Most machinery already exists for manual, animal-drawn or mechanised agriculture. However, if it is not locally available or accessible through import, it is an option for example, farmers, researchers and local blacksmith (or other professionals) to develop the appropriate tools. In this task, they may be supported by experts or companies from other countries or regions in order to benefit from existing experiences.

 

 

Pest, weed and fertility management

 

Pest, weed and fertility management are critical issues in any farming system. Before implementing Conservation Agriculture, any limitation related to pest, weed and soil fertility must be assessed and addressed. This may imply chemical and labour inputs at the beginning which might partly exceed conventional levels. To the extent that a new balance between the organisms and the farm ecosystems – pests and beneficial organisms, crops and weeds – becomes established and the farmer learns to manage the cropping systems, the use of synthetic pesticides, herbicides and mineral fertilizer tends to decline to a level below the original “conventional” farming.

 

In case of a lack of resources or access to chemical inputs, some solutions have been found by farmers: weed control with mechanical tools and through crop rotations; use of manure, Biological nitrogen fixation (BNF) and other crops for soil fertility; home-made “soups” for disease control, etc. Combining Conservation Agriculture with Organic Agriculture is also an option which has been adopted by mostly small scale farmers.

 

Pest management

 

New, or in their appearance so far unknown pests, might occur in the beginning, which may involve inputs of chemicals. However, crop rotations and appropriate use of cover crops should also help in this task, since the beginning, by interrupting the infection chain between subsequent crops. In Conservation Agriculture systems, pest and disease control are based on Integrated Pest Management (IPM) technologies.
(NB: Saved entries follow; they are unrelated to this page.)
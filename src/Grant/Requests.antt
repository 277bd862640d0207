-- ===== src/Grant/Requests.antt =====
-- internal/grant/service.go: requests, the checks on them, and the audit events of the service.
use my_kb.Prelude.{
  ℕ, Bool, true, false, ◌||◌, ◌&&◌, not, String, ◌==◌, ◌=ℕ=◌, ltb, Option, none, some, len,
  if◌then◌else◌,
}
use my_kb.Result.{Result, ok, err, Exec, fail, fail_if, pure, attempt, wrap, ◌>>=◌, ◌>>◌}
use my_kb.Text.{is_blank, trim_space}
use my_kb.Http.{Headers}
use my_kb.Db.{Db, Env}
use my_kb.Audit
use my_kb.Audit.{Event, Outcome, success, denied}
use my_kb.Audit.Repository.{record_event}
use my_kb.Ownership
use my_kb.Ownership.{Ownership, resolve, owns_personal_notes}
use my_kb.Grant.{
  Grant, SubjectType, Permission, user, same_subject_type, same_permission, valid_subject_type,
  valid_permission, nil_or_after,
}
use my_kb.Grant.Repository.{RepoErr}

pub data Err : Type 0 where
  invalid not_found conflict revision_conflict not_owner personal_notes : Err
  subject_unsupported audit_unavailable id_unavailable stored_invalid database : Err
  ownership : Ownership.Err → Err

-- The repository's errors are returned as they are.
unfoldable pub from_repo : RepoErr → Err
from_repo RepoErr.invalid = invalid
from_repo RepoErr.not_found = not_found
from_repo RepoErr.conflict = conflict
from_repo RepoErr.revision_conflict = revision_conflict
from_repo RepoErr.stored_invalid = stored_invalid
from_repo RepoErr.database = database

pub record Actor : Type 0 where
  pub user_id : String
  pub tenant_id : ℕ

pub record CreateRequest : Type 0 where
  pub subject_type : SubjectType
  pub subject_id : String
  pub permission : Permission
  pub expires_at : Option ℕ
  pub correlation_id : String

pub record UpdateRequest : Type 0 where
  pub expected_revision : ℕ
  pub permission : Permission
  pub expires_at : Option ℕ
  pub correlation_id : String

pub record RevokeRequest : Type 0 where
  pub expected_revision : ℕ
  pub correlation_id : String

-- recordDeniedGrant; what the recorder returns is dropped.
unfoldable pub record_denied_grant : Env → Ownership → Actor → Headers → Exec Db Err Unit
record_denied_grant env owner actor headers =
    let correlation_id = trim_space headers.request_id in
    if not env.auditing || is_blank actor.user_id || actor.tenant_id =ℕ= 0 || correlation_id == ""
    then pure tt
    else do
      attempt (
          record_event env (record {
            id = "";
            tenant_id = owner.tenant_id;
            knowledge_base_id = owner.knowledge_base_id;
            actor_user_id = actor.user_id;
            action = "authorization.denied.manage_grants";
            target_type = "knowledge_base";
            target_id = owner.knowledge_base_id;
            outcome = denied;
            error_code = "resource.not_found";
            correlation_id = correlation_id;
            old_value = none;
            new_value = none;
            created_at = env.now;
          }))
      pure tt

-- The tests of requireOwner on the resolved owner.
unfoldable pub check_owner : Env → Actor → Headers → Ownership → Exec Db Err Ownership
check_owner env actor headers owner =
    if not (actor.user_id == owner.owner_user_id) || not (actor.tenant_id =ℕ= owner.tenant_id)
    then (do record_denied_grant env owner actor headers; fail not_owner)
    else if owns_personal_notes owner
    then (do record_denied_grant env owner actor headers; fail personal_notes)
    else pure owner

-- requireOwner
unfoldable pub require_owner : Env → String → Actor → Headers → Exec Db Err Ownership
require_owner env kb_id actor headers =
    fail_if (is_blank actor.user_id || actor.tenant_id =ℕ= 0) not_owner (do
      owner ← wrap ownership (resolve env.upstream kb_id headers)
      check_owner env actor headers owner)

-- validCorrelationID
unfoldable pub valid_correlation_id : String → Bool
valid_correlation_id value =
    let trimmed = trim_space value in not (trimmed == "") && not (ltb 128 (len trimmed))

is_user : SubjectType → Bool
is_user user = true
is_user _ = false

-- validateCreateRequest
unfoldable pub validate_create_request : CreateRequest → Ownership → ℕ → Result Err (Unit {0})
unfolding is_user valid_subject_type valid_permission valid_correlation_id nil_or_after
validate_create_request r owner now =
    if not (is_user r.subject_type)
    then if valid_subject_type r.subject_type then err subject_unsupported else err invalid
    else if is_blank r.subject_id
        || ltb 36 (len r.subject_id)
        || r.subject_id == owner.owner_user_id
        || not (valid_permission r.permission)
        || not (valid_correlation_id r.correlation_id)
        || not (nil_or_after r.expires_at now)
    then err invalid
    else ok tt

-- sameTime
unfoldable pub same_time : Option ℕ → Option ℕ → Bool
same_time none none = true
same_time (some s) (some t) = s =ℕ= t
same_time _ _ = false

-- sameGrantRequest
unfoldable pub same_grant_request : Grant → CreateRequest → Bool
unfolding same_subject_type same_permission same_time
same_grant_request g r =
    same_subject_type g.subject_type r.subject_type
    && g.subject_id == r.subject_id
    && same_permission g.permission r.permission
    && same_time g.expires_at r.expires_at

-- auditGrantValue
unfoldable pub audit_grant_value : Grant → Audit.Value
audit_grant_value g =
    Audit.Value.grant g.subject_type g.subject_id g.permission g.expires_at g.revoked_at g.revision

-- A grant with no identifier is the zero value, which has no audit value.
audit_value : Option Grant → Option Audit.Value
unfolding audit_grant_value
audit_value none = none
audit_value (some g) = if g.id == "" then none else some (audit_grant_value g)

-- recordAudit; the old grant of a creation is the zero value, written `none`.
unfoldable pub record_audit :
    Env → Ownership → Actor → String → Option Grant → Grant → String → Exec Db Err Unit
unfolding audit_value
record_audit env owner actor action old_grant new_grant correlation_id =
    if not env.auditing
    then pure tt
    else wrap (λ _. audit_unavailable)
        (record_event env (record {
          id = "";
          tenant_id = owner.tenant_id;
          knowledge_base_id = owner.knowledge_base_id;
          actor_user_id = actor.user_id;
          action = action;
          target_type = "kb_grant";
          target_id =
              if new_grant.id == ""
              then elim old_grant [ none ↦ "" | some g ↦ g.id ]
              else new_grant.id;
          outcome = success;
          error_code = "";
          correlation_id = correlation_id;
          old_value = audit_value old_grant;
          new_value = audit_value (some new_grant);
          created_at = env.now;
        }))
Again, information, knowledge and training are very important in IPM, and Farmer Field Schools (FFS) one possible approach to enhance farmer’s understanding of biological processes and their capabilities to respond to new problems

 

Weed management

 

Synthetic chemical herbicides may be necessary in the first years, but have to be used with very much care to reduce the negative impact on soil life. Mulch cover and cover crops, crop rotations, desiccants and herbicides are the technologies to control weeds. Mechanical weed control through rolling, cutting or breaking can also be applied. For exceptional cases mechanical weeders exist for animal traction and tractors which can work through a mulch cover. With time, the amount of herbicides needed decreases because the farmer becomes more experiences in managing the system and the weed population decreases. Biological weed control may be very effective through appropriate choice of cover crops. In southern Brazil, for example, Black Oat is integrated in the rotations to suppress weeds. It can also be used as fodder and its straw is quite persistent, which is an advantage in areas where crop residues tend to mineralise too quickly to ensure surface cover.

 

Fertility management

 

Any soil limitations, such as acidity, salinity or toxicity problems must be addressed before and during the implementation of Conservation Agriculture. Soil Organic Matter (SOM) and judicious choice of crops and cover crops play a key role in soil fertility management, and especially SOM provided by root decomposition. The integration of livestock in the system can also be a solution, especially for the farmers with poor resources or access to mineral fertilisers. The use of organic and mineral fertilisers may be necessary. Appropriate application can be done with combined tools for direct seeding-fertilisation.